Can you explain more why having a guard on your saw blade would interfere with an outfeed table? I have both as many others do, and I've never been aware of a conflict.

Even with a contractor saw who's guard hangs from the back of the saw, you can cut a slit in the outfeed table so both can be used.










Any saw that the guard rises from the back end of the insert is easy to have both.


----------



## Sandon (Jan 31, 2014)

To therealSteveN:

I guess I did not address my question very well, but your answer and picture was perfect. Thank you!


----------



## bondogaposis (Dec 18, 2011)

When I had my Craftsman 113 tablesaw. I removed the blade guard and sawed off that rod that sticks out the back to hold it in place. I was then able to have an outfeed table and I used a microjig splitter for safety.


----------



## rwe2156 (May 7, 2014)

Ok, be honest, who uses the factory blade guard, come on, raise your hand….....

Most factory blade guards are a)poorly designed, b)do not provide splitter function, c)get in the way. d)don't work if blade is tilted. For these reasons, I've never even installed one an any saw I've owned.

The Microjig splitter works very well, or you can make your own.

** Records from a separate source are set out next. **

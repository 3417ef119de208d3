-- ===== src/Processor/Settings.antt =====
-- The settings of internal/job/processor.go.
use golang_videoencoder_api.Prelude.{
  ℕ, zero, suc, ◌-◌, ◌*◌, ◌^◌, ◌<◌, ltb, ℤ, pos, negsuc, is_positive, pos_part, Bytes, bytes,
  decimal, ◌++◌, is_empty, bytes_eq, length, Bool, true, false, Bool-cases, Option, none, some, inl,
  inr, if◌then◌else◌, ◌≡◌, refl, arith,
}
use golang_videoencoder_api.JobService.{JobService}
use golang_videoencoder_api.GoTime.{parse_duration, with_sign, sum_terms, sign_split}
use golang_videoencoder_api.GoTime.Minutes.{minute, minutes_given, parse_duration-minutes}
use golang_videoencoder_api.Processor.{
  Processor, default_upload_concurrency, default_process_timeout,
}

abbrev positive_or_default : Option ℤ → ℤ
positive_or_default none = pos default_process_timeout
positive_or_default (some d) = if is_positive d then d else pos default_process_timeout

-- A number that fits into 64 bits with a sign.
abbrev Fits : Option ℤ → Type 0
Fits none = Unit
Fits (some z) = pos_part z < 2 ^ 63

with_sign-Fits : (neg : Bool) (o : Option ℕ) → Fits (with_sign neg o)
unfolding with_sign
with_sign-Fits true none = tt
with_sign-Fits false none = tt
with_sign-Fits true (some zero) = omega arith
with_sign-Fits true (some (suc d)) = omega arith
with_sign-Fits false (some d) = elim (Bool-cases (ltb (2 ^ 63 - 1) d)) [
  | inl e ↦ rw e tt
  | inr e ↦ rw e (ground arith)
]

IsTimeout : ℤ → Type 0
IsTimeout d = (is_positive d ≡ true) × (pos_part d < 2 ^ 63)

positive_or_default-IsTimeout : (o : Option ℤ) → Fits o → IsTimeout (positive_or_default o)
unfolding IsTimeout
positive_or_default-IsTimeout none h = (refl, omega arith)
positive_or_default-IsTimeout (some (pos zero)) h = (refl, omega arith)
positive_or_default-IsTimeout (some (pos (suc n))) h = (refl, h)
positive_or_default-IsTimeout (some (negsuc n)) h = (refl, omega arith)

positive_or_default-positive : (d : ℕ) → 0 < d → positive_or_default (some (pos d)) ≡ pos d
positive_or_default-positive zero h = elim h [ ]
positive_or_default-positive (suc d) h = refl

-- The functions over the arithmetic of `float64` in `time.ParseDuration`.
module _ (fraction : ℕ → ℕ → ℕ → ℕ) where
  -- `processTimeoutFromEnv`
  unfoldable pub process_timeout_from_env : (Bytes → Bytes) → ℤ
  unfolding parse_duration
  process_timeout_from_env getenv =
      let v = getenv (bytes "PROCESS_TIMEOUT") in
      if is_empty v
      then pos default_process_timeout
      else positive_or_default (parse_duration fraction v)

  -- `NewProcessorFromEnv`
  unfoldable pub new_processor_from_env :
      {W : Type 0} → (Bytes → Bytes) → Option (JobService W) → Processor W
  unfolding process_timeout_from_env
  new_processor_from_env getenv job_service = record {
    job_service = job_service;
    source_bucket = getenv (bytes "VIDEO_SOURCE_BUCKET");
    output_bucket = getenv (bytes "VIDEO_OUTPUT_BUCKET");
    upload_concurrency = default_upload_concurrency;
    timeout = process_timeout_from_env getenv;
  }

  parse_duration-Fits : (text : Bytes) → Fits (parse_duration fraction text)
  unfolding parse_duration
  parse_duration-Fits text =
      let (neg, s) = sign_split text in
      elim (Bool-cases (bytes_eq s (bytes "0"))) [
        | inl e ↦ rw e (omega arith)
        | inr e ↦ rw e (elim (Bool-cases (is_empty s)) [
          | inl g ↦ rw g tt
          | inr g ↦ rw g (with_sign-Fits neg (sum_terms fraction (length s) 0 s))
        ])
      ]

  -- Whatever the environment says, a job has a positive time limit that fits into 64 bits with a sign.
  pub process_timeout_from_env_bounds :
      (getenv : Bytes → Bytes)
      → let d = process_timeout_from_env getenv in (is_positive d ≡ true) × (pos_part d < 2 ^ 63)
  unfolding process_timeout_from_env IsTimeout
  process_timeout_from_env_bounds getenv =
      let v = getenv (bytes "PROCESS_TIMEOUT") in
      elim (Bool-cases (is_empty v)) [
        | inl e ↦ rw e (refl, omega arith)
        | inr e ↦
            rw e (positive_or_default-IsTimeout (parse_duration fraction v) (parse_duration-Fits v))
      ]

  -- A `PROCESS_TIMEOUT` of so many minutes, written as decimal digits and an `m`, is the time limit of
  -- a job, where the number is not zero and the limit fits into 64 bits with a sign.
  pub process_timeout_from_env-minutes :
      (getenv : Bytes → Bytes) (n : ℕ)
      → getenv (bytes "PROCESS_TIMEOUT") ≡ decimal n ++ bytes "m"
      → 0 < n
      → n * minute < 2 ^ 63
      → process_timeout_from_env getenv ≡ pos (n * minute)
  unfolding process_timeout_from_env
  process_timeout_from_env-minutes getenv n set some_minutes fits =
      rw (set, minutes_given n, parse_duration-minutes fraction n fits)
        (positive_or_default-positive (n * minute) (omega arith))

Be aware they will not work when the blade is tilted or if plowing grooves.

IMO the key to ts safety is proper and diligent use of push sticks, pushblocks, feather boards, board buddies etc.

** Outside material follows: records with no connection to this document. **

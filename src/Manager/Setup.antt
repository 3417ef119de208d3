-- ===== src/Manager/Setup.antt =====
-- `Manager`, `NewManager` and `Enqueue` of internal/job/manager.go.
use golang_videoencoder_api.Prelude.{
  ℕ, zero, suc, ◌<◌, ℤ, pos, negsuc, is_positive, pos_part, Bytes, true, Option, none, some, ◌≡◌,
  refl, sym, ap, arith,
}
use golang_videoencoder_api.Domain.{Platform}
use golang_videoencoder_api.Machine.{Os, Storage}
use golang_videoencoder_api.Machine.Frame.{OsKeeps, StorageKeeps}
use golang_videoencoder_api.Repository.{JobRepository, VideoRepository}
use golang_videoencoder_api.Repository.Frame.{PlatformKeeps, VideosKeep, JobsKeep}
use golang_videoencoder_api.JobService.{JobService, new_job_service}
use golang_videoencoder_api.Processor.{Processor}
use golang_videoencoder_api.Processor.Settings.{new_processor_from_env}
use golang_videoencoder_api.Worker.{Acknowledger, Message}
use golang_videoencoder_api.Worker.Settlement.{Settled, Delivery, AckLaws}
use golang_videoencoder_api.Manager.{
  worker_concurrency_from_env, worker_concurrency_from_env_positive,
}
use golang_videoencoder_api.Manager.Channels.{stopped, Hub, Reaches}
use golang_videoencoder_api.Manager.Deliveries.{serve_delivery, AllSettled, stopped-AllSettled}

-- `Manager`; the channels are the fields of `Hub`, here stands the capacity of `MessageChannel`. Its
-- `JobService` is not nil, as `main` gives it one; `Start` logs a line where it is nil.
pub record Manager (W : Type 0) : Type 0 where
  pub job_service : JobService W
  pub workers : ℤ
  pub processor : Processor W
  pub capacity : ℕ

-- `NewManager`; the count of workers is not negative, so `make` does not panic.
unfoldable pub new_manager :
    {W : Type 0} → (ℕ → ℕ → ℕ → ℕ) → (Bytes → Bytes) → JobService W → Manager W
new_manager fraction getenv job_service =
    let workers = worker_concurrency_from_env getenv in
    record {
      job_service = job_service;
      workers = workers;
      processor = new_processor_from_env fraction getenv (some job_service);
      capacity = pos_part workers;
    }

-- The rounds of the loop of `Start` that starts the workers.
abbrev pub crew_size : {W : Type 0} → Manager W → ℕ
crew_size manager = pos_part manager.workers

-- The message of `Enqueue`.
unfoldable pub enqueued_message : {W : Type 0} → Bytes → Message W
enqueued_message payload = record { body = payload; ack = none }

some_workers : (z : ℤ) → is_positive z ≡ true → 0 < pos_part z
some_workers (pos zero) h = cc
some_workers (pos (suc n)) h = omega arith
some_workers (negsuc n) h = cc

abbrev service_of : {W : Type 0} → Option (Processor W) → Option (JobService W)
service_of none = none
service_of (some p) = p.job_service

module _ {W : Type 0} (platform : Platform W) (os : Os W) (storage : Storage W)
    (fraction : ℕ → ℕ → ℕ → ℕ) (jobs : JobRepository W) (videos : VideoRepository W)
    (acker : ℕ → Acknowledger W) (settled : W → Settled) (still : PlatformKeeps platform settled)
    (disk : OsKeeps os settled) (cloud : StorageKeeps storage settled)
    (stored : JobsKeep jobs settled) (apart : VideosKeep videos settled)
    (laws : AckLaws acker settled) where
  -- The manager that `main` makes, whatever the environment says: where the calls of a worker other than
  -- `Ack` and `Nack` are not seen by the broker, and the stop function has returned, `Ack` or `Nack` has
  -- been called, beside the calls before `Start`, exactly once for each delivery that was accepted, in
  -- the order in which they were served, also where the call failed. It is `Ack` where the result of the delivery has no error text,
  -- else `Nack` without requeue. The log has the lines of each of these results once.
  pub new_manager-AllSettled :
      (getenv : Bytes → Bytes) (w : W) (s : Hub Delivery) (v : W)
      → let manager = new_manager fraction getenv (new_job_service jobs videos) in
        let serve =
          serve_delivery platform os storage manager.job_service (some manager.processor) acker in
        Reaches serve (crew_size manager) w s v
        → s.phase ≡ stopped
        → AllSettled s.accepted (settled w) (settled v) s.log
  unfolding new_manager new_processor_from_env new_job_service
  new_manager-AllSettled getenv w s v reached at =
      let service = new_job_service jobs videos in
      let manager = new_manager fraction getenv service in
      stopped-AllSettled platform os storage service jobs videos (some manager.processor) acker
        settled refl refl (λ p e. sym (ap service_of e)) still disk cloud stored apart laws
        (crew_size manager) w s v
        (some_workers manager.workers (worker_concurrency_from_env_positive getenv)) reached at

That, plus think about what you're doing before you do it, especially if its a procedure not done often.

I think one of THE most dangerous tasks is plowing a dado using a fence (which, BTW makes my point because you can't use a blade guard) and which I strongly discourage. Dados should always be done with a miter gauge or sled whenever possible.


----------



## Sandon (Jan 31, 2014)

Bondigaposis and Robert, Thank you both for the reply's. I think it will be microjig splitters and Grr-rippers along with pushsticks and a good sled. Certain things do scare me and sometimes I am a bit of a belt and suspenders person. I have had a bad case of kickback once and I hang that board on my wall as a reminder. Thank you


----------



## fivecodys (Dec 2, 2013)

> Hello all;
> 
> So I think it's time for an Outfeed table on my old craftsman 113. I know I'm always supposed to have a blade guard on, but the outfeed table will be in the way. I do not have a diving knife. I could use splitters like microjig splitters. Opinions, suggestions, help, welcome. Thank you
> 
> - Sandon


I have become quite the fan of the SharkGuard https://www.thesharkguard.com/shop/
My stock guard was a piece of junk and it took all of 5 minutes to figure that out. 
After going for almost 20 years without one I had a nasty kickback and it got me thinking. 
That's when I read about the shark guard. It works very well and easily removed when you need to use a sled or jig. 
The dust collection works well too. These guys are great and helped work through the process. 
They custom made exactly what I needed. I did have to make a few minor tweaks to my saw to get it perfect but I really like it.

















Give them a call and see if they have one for your saw.


----------



## therealSteveN (Oct 29, 2016)

I agree with the Shark as your best friend. Been using them since Lee started to make them way back.

As to using a microjig splitter as your guard, how does it keep your precious digits out of the blade? Even a stock guard is better than no guard at all.


----------



## Sandon (Jan 31, 2014)

Thank you fivecodys and therealSteveN for the recommendations, I will check it out.


----------